* **Task requirements**:
Given the listing below, write out exactly the lines starting with the line that has "else if leb b'a' c && leb c b'z'" and going on through the line that has "three w x y = none", both kept.

= = = =

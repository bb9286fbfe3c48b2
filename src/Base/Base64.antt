-- ===== src/Base/Base64.antt =====
-- base64.StdEncoding, on the bytes of the text.
use Prim.Native.Nat.{ℕ, ◌+◌, ◌-◌, ◌*◌, ◌/◌, ◌%◌, ◌<◌}
use mathlib.Core.Path.{◌≡◌, refl, ap, ◌∙◌}
use mathlib.Core.Bool.{false, ◌&&◌, ◌||◌}
use mathlib.Core.Option.{Option, none, some}
use mathlib.Core.List.{List, [], ◌∷◌}
use native.Mathlib.Omega.{arith}
use policy_manager.Base.Tests.{ltb, leb, eqb, if◌then◌else◌}
use policy_manager.Base.Lists.{All}

-- The alphabet: A to Z, a to z, 0 to 9, + and /.
symbol : ℕ → ℕ
symbol n =
    if ltb n 26
    then b'A' + n
    else if ltb n 52
    then b'a' + (n - 26)
    else if ltb n 62
    then b'0' + (n - 52)
    else if eqb n 62
    then b'+'
    else b'/'

value : ℕ → Option ℕ
value c =
    if leb b'A' c && leb c b'Z'
    then some (c - b'A')
    else if leb b'a' c && leb c b'z'
    then some (c - b'a' + 26)
    else if leb b'0' c && leb c b'9'
    then some (c - b'0' + 52)
    else if eqb c b'+'
    then some 62
    else if eqb c b'/'
    then some 63
    else none

unfoldable pub encode : List ℕ → List ℕ
unfolding symbol
encode [] = []
encode (a ∷ []) = symbol (a / 4) ∷ symbol (a % 4 * 16) ∷ b'=' ∷ b'=' ∷ []
encode (a ∷ b ∷ []) =
    symbol (a / 4) ∷ symbol (a % 4 * 16 + b / 16) ∷ symbol (b % 16 * 4) ∷ b'=' ∷ []
encode (a ∷ b ∷ c ∷ r) =
    symbol (a / 4)
    ∷ symbol (a % 4 * 16 + b / 16)
    ∷ symbol (b % 16 * 4 + c / 64)
    ∷ symbol (c % 64)
    ∷ encode r

-- What two, three and four symbols stand for; `rest` is the bytes after them.
two : Option ℕ → Option ℕ → Option (List ℕ)
two (some w) (some x) = some ((w * 4 + x / 16) ∷ [])
two w x = none

three : Option ℕ → Option ℕ → Option ℕ → Option (List ℕ)
three (some w) (some x) (some y) = some ((w * 4 + x / 16) ∷ (x % 16 * 16 + y / 4) ∷ [])
three w x y = none

four : Option ℕ → Option ℕ → Option ℕ → Option ℕ → Option (List ℕ) → Option (List ℕ)
four (some w) (some x) (some y) (some z) (some rest) =
    some ((w * 4 + x / 16) ∷ (x % 16 * 16 + y / 4) ∷ (y % 4 * 64 + z) ∷ rest)
four w x y z rest = none

-- Padding ends the text.
padded : List ℕ → Option (List ℕ) → Option (List ℕ)
padded [] bytes = bytes
padded (e ∷ r) bytes = none

quartets : List ℕ → Option (List ℕ)
unfolding two three four padded value
quartets [] = some []
quartets (a ∷ b ∷ c ∷ d ∷ r) =
    let rest = quartets r in
    if eqb c b'='
    then (if eqb d b'=' then padded r (two (value a) (value b)) else none)
    else if eqb d b'='
    then padded r (three (value a) (value b) (value c))
    else four (value a) (value b) (value c) (value d) rest
quartets _ = none

-- The decoder passes over line breaks.
without_breaks : List ℕ → List ℕ
without_breaks [] = []
without_breaks (c ∷ s) =
    let rest = without_breaks s in if eqb c 10 || eqb c 13 then rest else c ∷ rest

-- `none` is a CorruptInputError.
unfoldable pub decode : List ℕ → Option (List ℕ)
unfolding quartets without_breaks
decode s = quartets (without_breaks s)

abbrev IsBytes : List ℕ → Type 0
IsBytes s = All (λ n. n < 256) s

value-symbol : (n : ℕ) → n < 64 → value (symbol n) ≡ some n
unfolding value symbol
value-symbol n h = ground arith

symbol_ascii : (n : ℕ) → n < 64 → symbol n < 128
unfolding symbol
symbol_ascii n h = ground arith

symbol_no_padding : (n : ℕ) → n < 64 → eqb (symbol n) b'=' ≡ false
unfolding symbol
symbol_no_padding n h = ground arith

symbol_no_break : (n : ℕ) → n < 64 → (eqb (symbol n) 10 || eqb (symbol n) 13) ≡ false
unfolding symbol
symbol_no_break n h = ground arith

-- What holds of the symbols and of the padding holds of an encoded text.
encode-All :
    (P : ℕ → Type 0) (s : List ℕ)
    → ((n : ℕ) → n < 64 → P (symbol n))
    → P b'='
    → IsBytes s
    → All P (encode s)
unfolding encode
encode-All P [] holds pad h = tt
encode-All P (a ∷ []) holds pad (p, h) =
    (holds (a / 4) (omega arith), (holds (a % 4 * 16) (omega arith), (pad, (pad, tt))))
encode-All P (a ∷ b ∷ []) holds pad (p, (q, h)) = (
  holds (a / 4) (omega arith),
  (holds (a % 4 * 16 + b / 16) (omega arith), (holds (b % 16 * 4) (omega arith), (pad, tt))),
)
encode-All P (a ∷ b ∷ c ∷ r) holds pad (p, (q, (l, h))) = (
  holds (a / 4) (omega arith),
  (
    holds (a % 4 * 16 + b / 16) (omega arith),
    (
      holds (b % 16 * 4 + c / 64) (omega arith),
      (holds (c % 64) (omega arith), encode-All P r holds pad h),
    ),
  ),
)

pub encode-ascii : (s : List ℕ) → IsBytes s → All (λ n. n < 128) (encode s)
encode-ascii s h = encode-All (λ n. n < 128) s symbol_ascii (omega arith) h

without_breaks-All :
    (s : List ℕ) → All (λ c. (eqb c 10 || eqb c 13) ≡ false) s → without_breaks s ≡ s
unfolding without_breaks
without_breaks-All [] h = refl
without_breaks-All (c ∷ s) h = rw h.0 (ap (λ r. c ∷ r) (without_breaks-All s h.1))

module _ (w x : ℕ) (hw : w < 64) (hx : x < 64) where
  quartets-two : quartets (symbol w ∷ symbol x ∷ b'=' ∷ b'=' ∷ []) ≡ some ((w * 4 + x / 16) ∷ [])
  unfolding quartets
  quartets-two = rw (value-symbol w hw) (rw (value-symbol x hx) refl)

  module _ (y : ℕ) (hy : y < 64) where
    quartets-three :
        quartets (symbol w ∷ symbol x ∷ symbol y ∷ b'=' ∷ [])
        ≡ some ((w * 4 + x / 16) ∷ (x % 16 * 16 + y / 4) ∷ [])
    unfolding quartets
    quartets-three =
        rw (symbol_no_padding y hy)
          (rw (value-symbol w hw) (rw (value-symbol x hx) (rw (value-symbol y hy) refl)))

    quartets-four :
        (z : ℕ) (r rest : List ℕ)
        → z < 64
        → quartets r ≡ some rest
        → quartets (symbol w ∷ symbol x ∷ symbol y ∷ symbol z ∷ r)
          ≡ some ((w * 4 + x / 16) ∷ (x % 16 * 16 + y / 4) ∷ (y % 4 * 64 + z) ∷ rest)
    unfolding quartets
    quartets-four z r rest hz h = rw (symbol_no_padding y hy) (
        rw (symbol_no_padding z hz) (
          rw (value-symbol w hw)
            (rw (value-symbol x hx) (rw (value-symbol y hy) (rw (value-symbol z hz) (rw h refl))))))

-- The bytes come back from their sextets.
one_byte : (a : ℕ) → a < 256 → a / 4 * 4 + a % 4 * 16 / 16 ≡ a
one_byte a h = omega arith

first_byte : (a b : ℕ) → a < 256 → b < 256 → a / 4 * 4 + (a % 4 * 16 + b / 16) / 16 ≡ a
first_byte a b h k = omega arith

middle_byte : (a b : ℕ) → b < 256 → (a % 4 * 16 + b / 16) % 16 * 16 + b % 16 * 4 / 4 ≡ b
middle_byte a b k = omega arith

second_byte :
    (a b c : ℕ)
    → b < 256
    → c < 256
    → (a % 4 * 16 + b / 16) % 16 * 16 + (b % 16 * 4 + c / 64) / 4 ≡ b
second_byte a b c k l = omega arith

third_byte : (b c : ℕ) → c < 256 → (b % 16 * 4 + c / 64) % 4 * 64 + c % 64 ≡ c
third_byte b c l = omega arith

quartets-encode : (s : List ℕ) → IsBytes s → quartets (encode s) ≡ some s
unfolding encode
quartets-encode [] h = unfold quartets in refl
quartets-encode (a ∷ []) (p, h) =
    quartets-two (a / 4) (a % 4 * 16) (omega arith) (omega arith) ∙ λ i. some (one_byte a p i ∷ [])
quartets-encode (a ∷ b ∷ []) (p, (q, h)) =
    quartets-three (a / 4) (a % 4 * 16 + b / 16) (omega arith) (omega arith) (b % 16 * 4)
      (omega arith)
    ∙ λ i. some (first_byte a b p q i ∷ middle_byte a b q i ∷ [])
quartets-encode (a ∷ b ∷ c ∷ r) (p, (q, (l, h))) =
    quartets-four (a / 4) (a % 4 * 16 + b / 16) (omega arith) (omega arith) (b % 16 * 4 + c / 64)
      (omega arith) (c % 64) (encode r) r (omega arith) (quartets-encode r h)
    ∙ λ i. some (first_byte a b p q i ∷ second_byte a b c q l i ∷ third_byte b c l i ∷ r)

-- Bytes are read back from their encoding.
pub decode-encode : (s : List ℕ) → IsBytes s → decode (encode s) ≡ some s
unfolding decode
decode-encode s h =
    ap quartets (
      without_breaks-All (encode s)
        (encode-All (λ c. (eqb c 10 || eqb c 13) ≡ false) s symbol_no_break refl h))
    ∙ quartets-encode s h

= = = =

* **Your response**:
    else if leb b'a' c && leb c b'z'
    then some (c - b'a' + 26)
    else if leb b'0' c && leb c b'9'
    then some (c - b'0' + 52)
    else if eqb c b'+'
    then some 62
    else if eqb c b'/'
    then some 63
    else none

unfoldable pub encode : List ℕ → List ℕ
unfolding symbol
encode [] = []
encode (a ∷ []) = symbol (a / 4) ∷ symbol (a % 4 * 16) ∷ b'=' ∷ b'=' ∷ []
encode (a ∷ b ∷ []) =
    symbol (a / 4) ∷ symbol (a % 4 * 16 + b / 16) ∷ symbol (b % 16 * 4) ∷ b'=' ∷ []
encode (a ∷ b ∷ c ∷ r) =
    symbol (a / 4)
    ∷ symbol (a % 4 * 16 + b / 16)
    ∷ symbol (b % 16 * 4 + c / 64)
    ∷ symbol (c % 64)
    ∷ encode r

-- What two, three and four symbols stand for; `rest` is the bytes after them.
two : Option ℕ → Option ℕ → Option (List ℕ)
two (some w) (some x) = some ((w * 4 + x / 16) ∷ [])
two w x = none

three : Option ℕ → Option ℕ → Option ℕ → Option (List ℕ)
three (some w) (some x) (some y) = some ((w * 4 + x / 16) ∷ (x % 16 * 16 + y / 4) ∷ [])
three w x y = none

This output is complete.